Q: What are the discipline areas that the FAIR principles are mostly applied in? Are they useful for health service research and outcomes research like patient reported outcomes?

Annalisa Montesanti: FAIR data principles, first published in 2016, are guidelines for good data management practice that aim to make data Findable, Accessible, Interoperable and Re-usable. Therefore, FAIR principles should be applicable to all research disciplines. 

Q: Can you give an example of when data from a HRB-funded research project should not be made accessible to others?

Annalisa Montesanti: Data that have sensitive or confidential information from patients, human participants that cannot be anonymised cannot be made open but with a specific licence could be made accessible with restrictions.
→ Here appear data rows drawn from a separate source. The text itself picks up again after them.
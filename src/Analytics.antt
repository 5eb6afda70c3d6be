-- ===== src/Analytics.antt =====
-- Daily facts: `AnalyticsService.ingest` of app/services/analytics_service.py and `bulk_upsert` of
-- app/repositories/analytics_repository.py. The rollups on the client's row are left out.
use in_work_marketing_os_bac.Base.{
  ℕ, Bool, true, false, List, [], ◌∷◌, ◌++◌, ◌==◌, ◌&&◌, Option, none, some, find_by, update_if,
  if◌then◌else◌, length,
}
pub mod Cells

-- the members of `SocialPlatform` that a connector writes
pub data SocialPlatform : Type 0 where
  facebook google google_lsa ga4 seo linkedin ghl : SocialPlatform

unfoldable pub platform_index : SocialPlatform → ℕ
platform_index facebook = 0
platform_index google = 1
platform_index google_lsa = 2
platform_index ga4 = 3
platform_index seo = 4
platform_index linkedin = 5
platform_index ghl = 6

pub data AnalyticsSource : Type 0 where
  connector csv synthetic : AnalyticsSource

-- `_METRICS`; money in hundredths
pub record Metrics : Type 0 where
  pub impressions : ℕ
  pub clicks : ℕ
  pub conversions : ℕ
  pub leads : ℕ
  pub spend : ℕ
  pub revenue : ℕ

pub record AnalyticsDailyIn : Type 0 where
  pub date : ℕ
  pub platform : SocialPlatform
  pub metrics : Metrics

pub record AnalyticsDaily : Type 0 where
  pub client_id : ℕ
  pub date : ℕ
  pub platform : SocialPlatform
  pub metrics : Metrics
  pub source : AnalyticsSource

abbrev pub is_day : ℕ → SocialPlatform → AnalyticsDailyIn → Bool
is_day d p r = r.date == d && platform_index r.platform == platform_index p

abbrev pub is_cell : ℕ → ℕ → SocialPlatform → AnalyticsDaily → Bool
is_cell client_id d p c =
    c.client_id == client_id && c.date == d && platform_index c.platform == platform_index p

-- `dedup[(row.date, platform_value)] = values`: a key keeps its place
unfoldable pub put_row : AnalyticsDailyIn → List AnalyticsDailyIn → List AnalyticsDailyIn
put_row row [] = row ∷ []
put_row row (r ∷ rs) = if is_day row.date row.platform r then row ∷ rs else r ∷ put_row row rs

-- the loop over `rows`
unfoldable pub dedup : List AnalyticsDailyIn → List AnalyticsDailyIn → List AnalyticsDailyIn
dedup seen [] = seen
dedup seen (row ∷ rows) = dedup (put_row row seen) rows

abbrev pub new_cell : ℕ → AnalyticsSource → AnalyticsDailyIn → AnalyticsDaily
new_cell client_id source row = record {
  client_id = client_id;
  date = row.date;
  platform = row.platform;
  metrics = row.metrics;
  source = source;
}

-- `INSERT … ON CONFLICT DO UPDATE` of one row
unfoldable pub upsert_cell :
    ℕ → AnalyticsSource → AnalyticsDailyIn → List AnalyticsDaily → List AnalyticsDaily
upsert_cell client_id source row [] = new_cell client_id source row ∷ []
upsert_cell client_id source row (c ∷ cells) =
    if is_cell client_id row.date row.platform c
    then record c { metrics = row.metrics; source = source } ∷ cells
    else c ∷ upsert_cell client_id source row cells

unfoldable pub upsert_cells :
    ℕ → AnalyticsSource → List AnalyticsDailyIn → List AnalyticsDaily → List AnalyticsDaily
upsert_cells client_id source [] cells = cells
upsert_cells client_id source (row ∷ rows) cells =
    upsert_cells client_id source rows (upsert_cell client_id source row cells)

-- `bulk_upsert`, and with it `ingest`: the table after it, and the number of cells
unfoldable pub bulk_upsert :
    ℕ → AnalyticsSource → List AnalyticsDailyIn → List AnalyticsDaily → List AnalyticsDaily × ℕ
bulk_upsert client_id source rows cells =
    (upsert_cells client_id source (dedup [] rows) cells, length (dedup [] rows))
However, metadata should be made open and accessible to all. Generally, this is a good question for the data steward to answer. In FAIR we say all data are accessible but only under strict and well-defined conditions (so well defined… even a computer can follow the instructions).  

Q: In cases where secondary data is requested from freely available national sources, should these data still be shared once the research is complete, given that data can be requested from the original source i.e. the data controller?

Annalisa Montesanti: This is a good question to be explored for the local data steward. Why not? In any case, all data sources should be identified so they can be located when needed, so there is no need to duplicate sources.   

Q: Any key tips on managing and using routinely collected healthcare data for research with the Health Research Regulations in Ireland?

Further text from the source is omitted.